Given data

= = = = =

-- ===== src/Claims.antt =====
-- Claims of queued jobs and of a validated train (src/mergetrain/persistence/claims.py).
pub mod Guards
pub mod Deploy
pub mod Resolved
use mergetrain.Prelude.{
  ℕ, suc, ◌+◌, ◌≡◌, Bool, true, false, not, ◌&&◌, ◌||◌, Option, none, some, List, [], ◌∷◌, String,
  ltb, leb, if◌then◌else◌, nonempty, keep, keep_text, ◌<>◌, is_some, select, first, count_where,
  exists_where, update_where, map, ◌==◌, nat_column, text_column, strip, one_line, decimal,
  comma_join, length, take, reverse, elem, ◌++◌,
}
use mergetrain.Model.{
  Job, Status, status_column, RunnerLock, queued, in_progress, blocked, validated,
}
use mergetrain.Store.{
  Store, Env, Error, M, ◌>>=◌, ◌>>◌, return, reads, require, modify, raise, immediate, queue_error,
  deploy_plan_changed, update_counted, update_jobs, by_id, get_job, get_jobs, utc_now, has_status,
  record_run_event, Outcome, ok, err,
}
use mergetrain.Leases.{acquire_lock, release_lock_token}
use mergetrain.Recovery.{deploy_reconcile_pending}
use mergetrain.Jobs.Reads.{list_jobs_fifo, ordered_head}
use mergetrain.Jobs.Supersede.{ids}
use mergetrain.Jobs.Trains.{Summary, validated_train_summaries, select_validated_train}

pub data Processing : Type 0 where
  batch ordered : Processing

abbrev pub is_ordered : Processing → Bool
is_ordered batch = false
is_ordered ordered = true

pub data Mode : Type 0 where
  validate deploy : Mode

abbrev pub mode_text : Mode → String
mode_text validate = "mode=validate"
mode_text deploy = "mode=deploy"

abbrev pub claimed : Env → String → String → Job → Job
claimed env token note j = record j {
  status = in_progress;
  started_at = utc_now env;
  note = note;
  claim_token = token;
  cancel_requested_at = none;
}

abbrev pub is_claimable : List ℕ → Status → Job → Bool
is_claimable job_ids expected j = elem j.id job_ids && has_status expected j

-- claims._claim
unfoldable pub claim : Env → List ℕ → Status → String → String → Mode → M (List Job)
claim env job_ids expected token note mode = do
  changed ← update_counted (is_claimable job_ids expected) (claimed env token note)
  require (changed == length job_ids) queue_error
  modify (record_run_event env none "claiming" "active" token (mode_text mode))
  get_jobs job_ids

pub record ClaimRequest : Type 0 where
  pub owner : String
  pub ttl_minutes : ℕ
  pub auto_only : Bool
  pub manual_only : Bool
  pub approval_destination_sha : String
  pub approval_execution_policy_sha : String
  pub unless_ready : Bool
  pub processing : Processing

abbrev has_eligible : List Summary → Bool
has_eligible [] = false
has_eligible (t ∷ ts) = t.deploy_eligible || has_eligible ts

abbrev pub fits_head : ClaimRequest → Option Job → Bool
fits_head c none = false
fits_head c (some j) =
    has_status queued j
    && not (c.auto_only && not j.auto_deploy)
    && not (c.manual_only && j.auto_deploy)

-- The four early returns of `claim_all_queued`; all give the lock back and claim nothing.
unfoldable pub must_pause : Env → ClaimRequest → Store → Bool
must_pause env c s =
    ((c.auto_only || c.manual_only || is_ordered c.processing)
      && ltb 0 (deploy_reconcile_pending env s))
    || (c.manual_only && exists_where (has_status validated) s.jobs)
    || (c.unless_ready && has_eligible (validated_train_summaries s))
    || (is_ordered c.processing && not (fits_head c (ordered_head s)))

abbrev head_for : Processing → Store → Option Job
head_for batch s = none
head_for ordered s = ordered_head s

-- A queued --auto job whose recorded approval is another
abbrev pub is_mismatched : (Job → String) → String → Job → Bool
is_mismatched column current j = has_status queued j && j.auto_deploy && not (column j == current)

abbrev pub is_other : Option Job → ℕ → Bool
is_other none k = false
is_other (some head) k = not (k == head.id)

abbrev pub block_mismatch : Env → String → Job → Job
block_mismatch env note j = record j { status = blocked; finished_at = utc_now env; note = note }

abbrev pub is_queued_auto : ℕ → Job → Bool
is_queued_auto k j = by_id k j && has_status queued j && j.auto_deploy

-- The loop over the mismatched rows of one check, with the jobs that it blocked.
unfoldable pub block_each : Env → Option Job → String → String → List ℕ → M (List Job)
block_each env head note detail [] = return []
block_each env head note detail (k ∷ ks) = do
  blocked_job ← if is_other head k then return [] else (do
    modify (update_jobs (is_queued_auto k) (block_mismatch env note))
    modify (record_run_event env (some k) "claiming" "error" "" detail)
    j ← get_job k
    return (j ∷ []))
  more ← block_each env head note detail ks
  return (blocked_job ++ more)

unfoldable pub block_mismatched :
    Env → Option Job → (Job → String) → String → String → String → M (List Job)
unfolding block_each
block_mismatched env head column current note detail = do
  mismatched ← reads (λ s. ids (select (is_mismatched column current) s.jobs))
  if nonempty current then block_each env head note detail mismatched else return []

abbrev destination_note : String
destination_note =
    "approval_destination_changed: unattended deploy approval does not match the current remote or push refs; enqueue again with --auto only after approving this destination"

abbrev policy_note : String
policy_note =
    "approval_execution_policy_changed: unattended deploy approval does not match the configured gates, validation reuse, or verify hooks; enqueue again with --auto only after approving this execution policy"

-- The checks of _APPROVAL_CHECKS, destination first.
unfoldable pub block_unapproved : Env → ClaimRequest → Option Job → M (List Job)
block_unapproved env c head = do
  first_blocked ←
      block_mismatched env head (λ j. j.approval_destination_sha) c.approval_destination_sha
        destination_note "approval_destination_changed"
  then_blocked ←
      block_mismatched env head (λ j. j.approval_execution_policy_sha)
        c.approval_execution_policy_sha policy_note "approval_execution_policy_changed"
  return (first_blocked ++ then_blocked)

abbrev approves : String → String → Bool
approves current recorded = not (nonempty current) || recorded == current

-- The rows that the claim takes, by its kind
abbrev pub is_wanted : ClaimRequest → Job → Bool
is_wanted c j =
    has_status queued j
    && (if c.auto_only
        then j.auto_deploy
          && approves c.approval_destination_sha j.approval_destination_sha
          && approves c.approval_execution_policy_sha j.approval_execution_policy_sha
        else not (c.manual_only && j.auto_deploy))

abbrev pub keep_head : Option Job → List ℕ → List ℕ
keep_head none job_ids = job_ids
keep_head (some head) job_ids = select (λ k. k == head.id) job_ids

unfoldable pub give_back : String → RunnerLock → M (List Job)
give_back owner lock = do _ ← release_lock_token owner lock.token none; return []

unfoldable pub claim_ids :
    Env → String → RunnerLock → List ℕ → Status → String → Mode → M (List Job)
claim_ids env owner lock job_ids expected note mode =
    if ltb 0 (length job_ids)
    then claim env job_ids expected lock.token note mode
    else give_back owner lock

unfoldable pub claim_wanted : Env → ClaimRequest → String → RunnerLock → M (List Job × List Job)
claim_wanted env c owner lock = do
  head ← reads (head_for c.processing)
  unapproved ← if c.auto_only then block_unapproved env c head else return []
  wanted ← reads (λ s. ids (select (is_wanted c) s.jobs))
  taken ←
      claim_ids env owner lock (keep_head head wanted) queued "claimed by mergetrain batch runner"
        (if c.auto_only then deploy else validate)
  return (taken, unapproved)

abbrev pub give_back_all : String → RunnerLock → M (List Job × List Job)
give_back_all owner lock = do none_taken ← give_back owner lock; return (none_taken, [])

unfoldable pub claim_in_transaction : Env → ClaimRequest → M (List Job × List Job)
claim_in_transaction env c = do
  let owner = keep_text c.owner env.default_owner
  lock ← acquire_lock env owner c.ttl_minutes "" ""
  pause ← reads (must_pause env c)
  if pause then give_back_all owner lock else claim_wanted env c owner lock

-- The claimed jobs, and the --auto jobs that the claim blocked.
unfoldable pub claim_all_queued : Env → ClaimRequest → M (List Job × List Job)
claim_all_queued env c = do
  require (not (c.auto_only && c.manual_only)) queue_error
  immediate env (claim_in_transaction env c)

= = = = =

Problem to work on
Look above for the line with "pub record ClaimRequest : Type 0 where" and the line with "head_for ordered s = ordered_head s"; transcribe both and all lines in between, exactly, and nothing else.

Response to this task
pub record ClaimRequest : Type 0 where
  pub owner : String
  pub ttl_minutes : ℕ
  pub auto_only : Bool
  pub manual_only : Bool
  pub approval_destination_sha : String
  pub approval_execution_policy_sha : String
  pub unless_ready : Bool
  pub processing : Processing

abbrev has_eligible : List Summary → Bool
has_eligible [] = false
has_eligible (t ∷ ts) = t.deploy_eligible || has_eligible ts

abbrev pub fits_head : ClaimRequest → Option Job → Bool
fits_head c none = false
fits_head c (some j) =
    has_status queued j
    && not (c.auto_only && not j.auto_deploy)
    && not (c.manual_only && j.auto_deploy)

-- The four early returns of `claim_all_queued`; all give the lock back and claim nothing.
unfoldable pub must_pause : Env → ClaimRequest → Store → Bool
must_pause env c s =
    ((c.auto_only || c.manual_only || is_ordered c.processing)
      && ltb 0 (deploy_reconcile_pending env s))
    || (c.manual_only && exists_where (has_status validated) s.jobs)
    || (c.unless_ready && has_eligible (validated_train_summaries s))
    || (is_ordered c.processing && not (fits_head c (ordered_head s)))

abbrev head_for : Processing → Store → Option Job
head_for batch s = none
head_for ordered s = ordered_head s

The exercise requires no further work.